他心头惊骇,自打他飞升以来没见过这么凄惨的景象,不,或者应该说绝大多数人一辈子都没有见过这么凄惨的景象。
他明明身处西王母的结界中,明明是最为安宁的所在,可以自动净化心中杂念才对,可是为什么他身处这其中心中还能看到这么多的这种杂乱的景象?
他已经不忍直视,将视线别开,尽量不去看,画面仍然在继续向前,好一些的木头房子也都坍塌了,整个小镇没有一处完整的地方,很显然这里被战火席卷过了。

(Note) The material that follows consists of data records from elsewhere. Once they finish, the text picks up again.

-- ===== src/Examples/World.antt =====
-- Concrete values for what the definitions take as parameters: voter sets that are lists, proofs that are
-- their data, and a chain of one block.
use frost_substrate.Prelude.{
  ◌-◌, ℕ, ◌<◌, ◌^◌, refl, Option, none, some, List, [], ◌∷◌, Bytes, bytes_eq, length, ltb, ltb_iff,
  if◌then◌else◌, ok, Bool-cases, inl, inr, replicate,
}
use frost_substrate.External.Chain.{AuthorityList, Hash, Header, Chain}
use frost_substrate.External.Float.{Millionths, millionths_float}
use frost_substrate.External.Frost.{Frost, BlockRef, PredicateConfig}
use frost_substrate.External.Grandpa.{Grandpa, IsVoterSets, SignedPrecommit, sum_weights, weight_in}
use frost_substrate.External.State.{States, IsStates, ProofData}
use frost_substrate.Finality.Client.{SubstrateVerificationClient, new_client}
use frost_substrate.Finality.Config.{params_default, chain_config_default}
use frost_substrate.Finality.Predicate.Soundness.{Snapshot}

-- A list of voters whose weights fit a u64.
pub record Voters : Type 0 where
  pub list : AuthorityList
  pub fits : sum_weights list < 2 ^ 64

abbrev make_voters : AuthorityList → Option Voters
make_voters [] = none
make_voters (a ∷ rest) = elim (Bool-cases (ltb (sum_weights (a ∷ rest)) (2 ^ 64))) [
  | inl h ↦ some (record { list = a ∷ rest; fits = (ltb_iff _ _).0 h })
  | inr h ↦ none
]

-- A signature is the id of its signer.
abbrev pub grandpa : Grandpa Voters
grandpa = record {
  voter_set_new = make_voters;
  voter_weight = λ v k. weight_in k v.list;
  total_weight = λ v. sum_weights v.list;
  encode_precommit = λ p. p.target_hash;
  verify = λ signature message id. bytes_eq signature id;
  decode_justification = λ b. ok (record { precommits = [] });
  into_justification = λ js. none;
  hash_authorities = λ a. length a;
  max_number = 2 ^ 32 - 1;
}

pub grandpa-IsVoterSets : IsVoterSets Voters grandpa
grandpa-IsVoterSets = record {
  voters = λ v. v.list;
  get_voters = λ v k. refl;
  total_voters = λ v. refl;
  total_fits = λ v. v.fits;
  new_empty = refl;
}

abbrev pub alice : Bytes
alice = 1 ∷ []

abbrev pub bob : Bytes
bob = 2 ∷ []

abbrev pub two_voters : Voters
two_voters = record { list = (alice, 5) ∷ (bob, 7) ∷ []; fits = (ltb_iff _ _).0 refl }

abbrev pub vote : Bytes → SignedPrecommit
vote id = record {
  precommit = record { target_hash = []; target_number = 10 };
  signature = id;
  id = id;
}

abbrev pub frost : Frost ℕ
frost = record {
  chain_id_new = λ s. 1;
  chain_id_default = 0;
  display_error = λ e. "error";
  debug_hash = λ h. "hash";
  display_hash = λ h. "hash";
}

-- Proofs are their data; encodings are 100 bytes.
abbrev pub states : States ℕ ProofData
states = record {
  default_block_ref = record { hash = []; number = 0; chain_id = 0 };
  default_state_root = record {
    block_ref = record { hash = []; number = 0; chain_id = 0 };
    root_hash = [];
  };
  new_proof = λ t d. d;
  proof_type_of = λ d. d.proof_type;
  encode_proof = λ d. d.content;
  from_utf8_lossy = λ b. "text";
  hex_encode = λ b. "hex";
  display_size = λ n. "size";
  to_value = λ m. ok m;
  to_vec = λ d. ok (replicate 100 0);
  merkle_root = first_leaf;
}
  where
    first_leaf : List Bytes → Option Bytes
    first_leaf [] = none
    first_leaf (l ∷ rest) = some l

pub states-IsStates : IsStates ℕ ProofData states
states-IsStates = record { type_new_proof = λ t d. refl; root_empty = refl }

abbrev pub block_hash : Hash
block_hash = replicate 32 9

abbrev pub block : Header
block = record { number = 10; hash = block_hash; parent_hash = []; state_root = [] }

-- The chain of block 10, whose best and finalized blocks have the given numbers.
abbrev pub chain_at : (best finalized : ℕ) → Chain
chain_at best finalized = record {
  info = record { best_hash = block_hash; best_number = best; finalized_number = finalized };
  header = λ h. if bytes_eq h block_hash then ok (some block) else ok none;
  justifications = λ h. ok none;
  grandpa_authorities = λ h. ok ((alice, 5) ∷ (bob, 7) ∷ []);
}

abbrev pub client : SubstrateVerificationClient Voters Millionths
client = new_client two_voters params_default chain_config_default 0

abbrev pub snapshot : (best finalized : ℕ) → Snapshot Voters Millionths
snapshot best finalized = record { chain = chain_at best finalized; client = client }

abbrev pub block_ref : BlockRef ℕ
block_ref = record { hash = block_hash; number = 10; chain_id = 0 }

abbrev pub config_asking : (confirmations : ℕ) → PredicateConfig Millionths
config_asking n = record {
  confidence_threshold = 960_000;
  min_confirmations = n;
  evaluation_timeout = 10_000_000_000;
}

过了几条街道的一处破败的木头板下面,四五个穿着破烂的魔族孩子浑身污脏的躲在里面,眼睛小鹿般又好奇又害怕的盯着周围,他们还很小,看起来只有人类孩子四五岁的大小,应该只是很低级的魔物,原型可能是一些狼或者狐狸等野兽,只是太小了,所以即便化为原型也没什么力量,所以只能躲起来。
按理说这么小的孩子是不会被父母丢下的,他们为什么会都聚集在这里呢?忽然想起刚才街道上看到的一道道残破身躯,难道他们的父母已经……死了?
这个猜测让天枢的后背惊出一片片的冷汗,如果真的是这样,那他们这么小怎么存活呢?三界的边界很是危险,那里有很多吃人的大妖怪和用孩子修炼的邪修,这么大的孩子无论是仙人的孩子还是魔族的孩子,没有大人的保护就都是待宰的羔羊。
何况看这里的样子,既然已经卷入了战火,那么就很有可能再次发生战斗,他们再这里躲着很可能会遭遇危险。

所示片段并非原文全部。